Yep, that's crazy. We drive to HH in 5.5 hours and we live an hour north of
Charlotte....


----------



## amycurl (Apr 17, 2012)

I would agree-change your rental car reservation and pick up the car in Charlotte, then drive to HHI. 

There is terrible connectivity between CLT and Charlotte proper, so it's not like you could jump on public transit and do something downtown for a few hours. (Hahahahahahahah.....just thinking about the terrible state of public transit in NC makes me laugh.)

I think the best bet might be to buy a day pass for the USAirways lounge. That way, the kids could at least spread out, enjoy the free snacks, etc, and be in a comfortable environment.


----------



## PigsDad (Apr 17, 2012)

amycurl said:


> I think the best bet might be to buy a day pass for the USAirways lounge. That way, the kids could at least spread out, enjoy the free snacks, etc, and be in a comfortable environment.


Are minors even allowed in the airlines' lounges?

Kurt


----------



## Twinkstarr (Apr 17, 2012)

PigsDad said:


> Are minors even allowed in the airlines' lounges?
> 
> Kurt



Delta allows kids(I think it is one kid with one adult), we were all flying business class so I didn't have to pay. And the OP has 4 kids.


----------



## amycurl (Apr 17, 2012)

Yes. I spent an 8-hour-ish layover in LAX in the USAirways lounge with my 18 month old, flying from Sydney back to GSO. The staff was great, and the lounge was basically empty, so I don't think we really disturbed anyone.
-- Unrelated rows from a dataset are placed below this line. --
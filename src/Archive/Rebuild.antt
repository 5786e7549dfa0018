-- ===== src/Archive/Rebuild.antt =====
-- hub/storage/tarball.py: `_snapshot_json_value`, `_serialise_signed_manifest`,
-- `_normalised_tar_info` and `rebuild_tarball`.
pub mod Rebuilt
use ori_skills_hub.Prelude.{
  ℕ, ◌*◌, ◌/◌, ◌%◌, Text, Bool, true, false, not, ◌&&◌, ◌||◌, Option, none, some, List, [], ◌∷◌,
  ◌++◌, map, length, contains, codes, text_eq, leb, ◌==◌, Result, ok, err, ◌>>=◌, ◌>>◌, guard,
  reject, if◌then◌else◌,
}
use ori_skills_hub.Value.{
  Key, name, not_string, Value, null, boolean, integer, float, str, arr, obj, other, Items, nil,
  cons, Fields, end, field, get,
}
use ori_skills_hub.Signing.{Crypto, decode_signature, canonical_manifest_bytes}
use ori_skills_hub.Archive.{
  ArchiveError, format, limit, safety, Bytes, TarballLimits, TarHeader, Platform,
}
use ori_skills_hub.Archive.Document.{or_format, or_else_format, top_level_mapping}
use ori_skills_hub.Archive.Inspection.{ArchiveMember, ArchiveInspection, inspect_tarball}

-- The names seen before are those of the entries already copied.
unfoldable mutual
  pub snapshot_json_value : Value → Result ArchiveError Value
  snapshot_json_value null = ok null
  snapshot_json_value (boolean b) = ok (boolean b)
  snapshot_json_value (integer n) = ok (integer n)
  snapshot_json_value (float finite) = guard finite format >> ok (float finite)
  snapshot_json_value (str s) = ok (str s)
  snapshot_json_value (arr items) = snapshot_items items >>= λ copied. ok (arr copied)
  snapshot_json_value (obj fields) = snapshot_fields [] fields >>= λ copied. ok (obj copied)
  snapshot_json_value other = err format

  pub snapshot_items : Items → Result ArchiveError Items
  snapshot_items nil = ok nil
  snapshot_items (cons v rest) =
      snapshot_json_value v >>= λ w. snapshot_items rest >>= λ copied. ok (cons w copied)

  pub snapshot_fields : List Text → Fields → Result ArchiveError Fields
  snapshot_fields seen end = ok end
  snapshot_fields seen (field not_string v rest) = err format
  snapshot_fields seen (field (name k) v rest) =
      reject (contains seen k) format
      >> (snapshot_json_value v >>= λ w.
          snapshot_fields (k ∷ seen) rest >>= λ copied. ok (field (name k) w copied))

unfoldable pub string_signature : Value → Result ArchiveError Text
string_signature (str s) = ok s
string_signature v = err format

unfoldable pub serialise_signed_manifest :
    Platform → Crypto → Fields → Fields → TarballLimits → Result ArchiveError Bytes
unfolding snapshot_json_value string_signature
serialise_signed_manifest p c original signed limits = do
  plain_value ← snapshot_json_value (obj signed)
  plain ← top_level_mapping plain_value
  signature ← string_signature (get plain (codes "signature"))
  decoded ← or_format (decode_signature c signature)
  original_unsigned ← or_format (canonical_manifest_bytes c original)
  signed_unsigned ← or_format (canonical_manifest_bytes c plain)
  guard (text_eq original_unsigned signed_unsigned) safety
  payload ← or_else_format (p.safe_dump plain)
  guard (leb (length payload) limits.max_skill_yaml_bytes) limit
  ok payload

-- `mode & 0o111`
abbrev pub is_executable : ℕ → Bool
is_executable mode = mode % 2 == 1 || mode / 8 % 2 == 1 || mode / 64 % 2 == 1

unfoldable pub normalised_tar_info : ArchiveMember → ℕ → TarHeader
normalised_tar_info m payload_size = record {
  name = if m.is_directory then m.name ++ codes "/" else m.name;
  is_directory = m.is_directory;
  mode = if m.is_directory || is_executable m.mode then 493 else 420;
  uid = 0;
  gid = 0;
  uname = codes "";
  gname = codes "";
  mtime = 0;
  size = payload_size;
}

abbrev pub payload_size : Option Bytes → ℕ
payload_size none = 0
payload_size (some payload) = length payload

-- The entry for a member, where the manifest at `path` is replaced.
unfoldable pub rebuilt_entry : Text → Bytes → ArchiveMember → TarHeader × Option Bytes
unfolding normalised_tar_info
rebuilt_entry path signed_payload m =
    let payload = if text_eq m.name path then some signed_payload else m.data_bytes in
    (normalised_tar_info m (payload_size payload), payload)

unfoldable pub rebuild_tarball :
    Platform → Crypto → TarballLimits → Bytes → Fields → Result ArchiveError Bytes
unfolding serialise_signed_manifest rebuilt_entry
rebuild_tarball p c limits tarball_bytes signed_skill_yaml = do
  inspection ← inspect_tarball p c limits tarball_bytes
  signed_payload ←
      serialise_signed_manifest p c inspection.manifest.mapping signed_skill_yaml limits
  let rebuilt_bytes =
      p.write_archive
        (map (rebuilt_entry inspection.manifest.path signed_payload) inspection.members)
  guard (leb (length rebuilt_bytes) limits.max_archive_bytes) limit
  rebuilt_inspection ← inspect_tarball p c limits rebuilt_bytes
  guard (text_eq rebuilt_inspection.manifest.path inspection.manifest.path) format
  ok rebuilt_bytes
It was a lifesaver.


----------



## tlwmkw (Apr 18, 2012)

There are lots of shops and restaurants at that airport but 6 hours does seem a little long.  I would try for an earlier flight to Hilton Head or you could fly into Savannah if there is an earlier flight.  Savannah is not too far of a drive (we have done that and the drive isn't bad at all).  If you flying from England you may not want to jump in the car and make a six hour drive from Charlotte to Hilton Head esp. since the steering wheel is on the other side of the road.

tlwmkw


----------



## MichaelColey (Apr 18, 2012)

amycurl said:


> I think the best bet might be to buy a day pass for the USAirways lounge. That way, the kids could at least spread out, enjoy the free snacks, etc, and be in a comfortable environment.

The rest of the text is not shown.